Parmi les questions multiples que soulève l’organisation du conseil d’État, il en est deux, d’une portée si haute et d’un intérêt si pressant, que tout le reste auprès pâlit et s’efface. Déblayer le rôle du contentieux, régler l’intervention législative du conseil, tels sont ces deux problèmes. J’ai fait connaître les solutions diverses qu’ils ont reçues tour à tour dans la suite des temps et celles que l’on propose de leur donner aujourd’hui. Il me reste à conclure, en indiquant les innovations nécessaires, à mon sens, que devrait contenir la loi de demain.

Examinons d’abord ce qui a trait au contentieux. C’est aussi bien l’objet urgent. Il y a là des intérêts, disons davantage, des droits en souffrance.

Avant tout il importerait d’adopter la disposition capitale du projet de la commission ; je veux parler du dédoublement de la section contentieuse en deux comités, distincts et parallèles, qui se partageraient la tâche de préparer toutes les affaires, et même d’en juger un certain nombre (les affaires d’élections, de contributions directes et de taxes assimilées). Le dédoublement produirait, ce semble, les effets utiles de la combinaison présentée par M. Fallières, tout en échappant aux critiques assez graves dont cette combinaison a été l’objet ; car, en définitive, par le dédoublement, on crée de même une deuxième section du contentieux, et on la crée sans toucher à cette traditionnelle section de législation qui date de l’an VIII, qui a présidé, ne l’oublions pas, à l’œuvre immense de nos codes, et qui personnifie dans le conseil la plus élevée des prérogatives dont ce corps demeure investi. Je suis séduit, je l’avoue, par la mesure si expédiente et si efficace que M. Krantz a suggérée.
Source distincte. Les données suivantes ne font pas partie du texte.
-- ===== src/AuthPolicy/Laws.antt =====
-- What a pass over a ClavexAuthPolicy guarantees.
use clavex_operator.Prelude.{String, Bool, Option, none, some}
use clavex_operator.Api.{NamespacedName, Resource}
use clavex_operator.Stream.Pool.{Pool}
use clavex_operator.Reconcile.{Kind}
use clavex_operator.Reconcile.Flow.{state_of}
use clavex_operator.Reconcile.Calls.{Cluster, start, Session}
use clavex_operator.Reconcile.Triple.{Triple, Triple-pure}
use clavex_operator.Reconcile.Lawful.{FinalizerLaws, Lawful, Law, ReadyLaw, KindLaws}
use clavex_operator.Reconcile.Safety.{reconcile-Lawful}
use clavex_operator.Named.Adds.{delete_by_name_adds}
use clavex_operator.Named.Laws.{DirectoryLaws, Removed, delete_by_name_gone}
use clavex_operator.Drift.Laws.{correct-Law, create_missing-Law, or_return-Law}
use clavex_operator.AuthPolicy.{
  AuthPolicySpec, PolicyRule, PolicyService, create_auth_policy, update_auth_policy,
  reconcile_auth_policy, auth_policy_kind, reconcile_clavex_auth_policy,
}

abbrev pub rule_name : AuthPolicySpec → String
rule_name spec = spec.name

module _ {W : Type 0} (c : Cluster W AuthPolicySpec) (recorder : Bool) (sdk : PolicyService W) where
  module _ (laws : DirectoryLaws sdk.rules) where
    abbrev kind : Kind W AuthPolicySpec
    kind = auth_policy_kind c recorder sdk

    -- What the listing, and the deletion of the first rule with the name of the spec, left.
    abbrev pub AuthPolicyRemoved : String → AuthPolicySpec → W → Type 0
    AuthPolicyRemoved = Removed c kind sdk.rules laws rule_name

    reconcile_auth_policy-Law :
        (session : Session) (org_id : String) (cr : Resource AuthPolicySpec)
        → Triple
            (ReadyLaw c kind AuthPolicyRemoved)
            (reconcile_auth_policy c recorder sdk session org_id cr)
            (λ _. Law c kind AuthPolicyRemoved)
            (Law c kind AuthPolicyRemoved)
    unfolding reconcile_auth_policy
    reconcile_auth_policy-Law session org_id cr =
        or_return-Law c kind AuthPolicyRemoved _ _ by_existing
      where
        by_existing :
            (existing : Option PolicyRule)
            → Triple
                (ReadyLaw c kind AuthPolicyRemoved)
                (elim existing [
                  | none ↦ create_auth_policy c recorder sdk session org_id cr
                  | some live ↦ update_auth_policy c recorder sdk session org_id cr live
                ])
                (λ _. Law c kind AuthPolicyRemoved)
                (Law c kind AuthPolicyRemoved)
        by_existing none = create_missing-Law c kind AuthPolicyRemoved _ _ _ _
        by_existing (some live) = correct-Law c kind AuthPolicyRemoved _ _ _ _ _ _

    auth_policy_kind-KindLaws : KindLaws c kind AuthPolicyRemoved
    unfolding auth_policy_kind
    auth_policy_kind-KindLaws = record {
      delete_remote_gone = λ session org_id cr.
          delete_by_name_gone c kind sdk.rules laws rule_name "policy rules" session org_id cr.spec;
      delete_remote_adds = λ session org_id cr.
          delete_by_name_adds sdk.rules "policy rules" session org_id cr.spec.name;
      sync_lawful = reconcile_auth_policy-Law;
      after_sync_lawful = λ cr synced. Triple-pure tt (λ s p. p);
    }

    -- By what is documented of the SDK's listing and deletion and of AddFinalizer, and whatever
    -- the calls answer, a pass over a ClavexAuthPolicy writes to the Admin API only after it has
    -- seen the finalizer in the cluster, and gives the finalizer up only in a state that a
    -- listing and a deletion left: the org is the one that the credentials name which this pass
    -- resolved, after it read the resource, and its live rules are those listed less every one
    -- with the id of the first that has the name of the spec, whose deletion was accepted or
    -- answered with not found; where none has it, they are those listed. A further one with that
    -- name, under another id, is still live.
    pub reconcile_clavex_auth_policy-Lawful :
        (key : NamespacedName) (w : W) (stream : Option Pool)
        → FinalizerLaws c
        → Lawful c kind AuthPolicyRemoved
            (state_of (reconcile_clavex_auth_policy c recorder sdk key (start w stream))).log
    unfolding reconcile_clavex_auth_policy
    reconcile_clavex_auth_policy-Lawful key w stream f =
        reconcile-Lawful c kind AuthPolicyRemoved f auth_policy_kind-KindLaws key w stream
Je crois qu’elle s’impose, du moment que vous reculez devant l’autre solution, assurément fort délicate, qui, procédant à un départ nouveau des compétences, enlèverait à la juridiction administrative des provinces entières, qu’elle annexerait à l’empire déjà si vaste du droit commun.

On pourrait s’inspirer aussi du moyen très sage que M. Ricard propose pour simplifier la procédure. Ce moyen consisterait à étendre les pouvoirs de la section contentieuse en lui donnant la faculté de prononcer dans un grand nombre d’affaires que présentement elle doit se borner à instruire et qui ne peuvent être réglées que par l’assemblée du conseil statuant au contentieux. Au fait, est-ce là une nouveauté si grande ? Dès 1841, M. Vivien, qui n’était point, que je sache, un utopiste, écrivait à cette place : « Mon avis est qu’un comité seulement, et non le conseil entier, connaisse du contentieux[20]. » Et, au temps même de M. Vivien, cette idée était fort ancienne. Nous la voyons pour la première fois apparaître dans l’ordonnance éphémère du 29 juin 1814. Il y avait là un comité investi des pouvoirs juridictionnels du conseil[21]. Le même système se retrouve plus tard, vers la fin de la restauration et sous la monarchie de juillet, dans la plupart des projets que les commissions parlementaires ou ministérielles élaborent. Enfin il passe dans la loi du 3 mars 1849 ; durant près de trois ans on l’applique dans sa plénitude, et il ne paraît pas que les choses en aient été plus mal.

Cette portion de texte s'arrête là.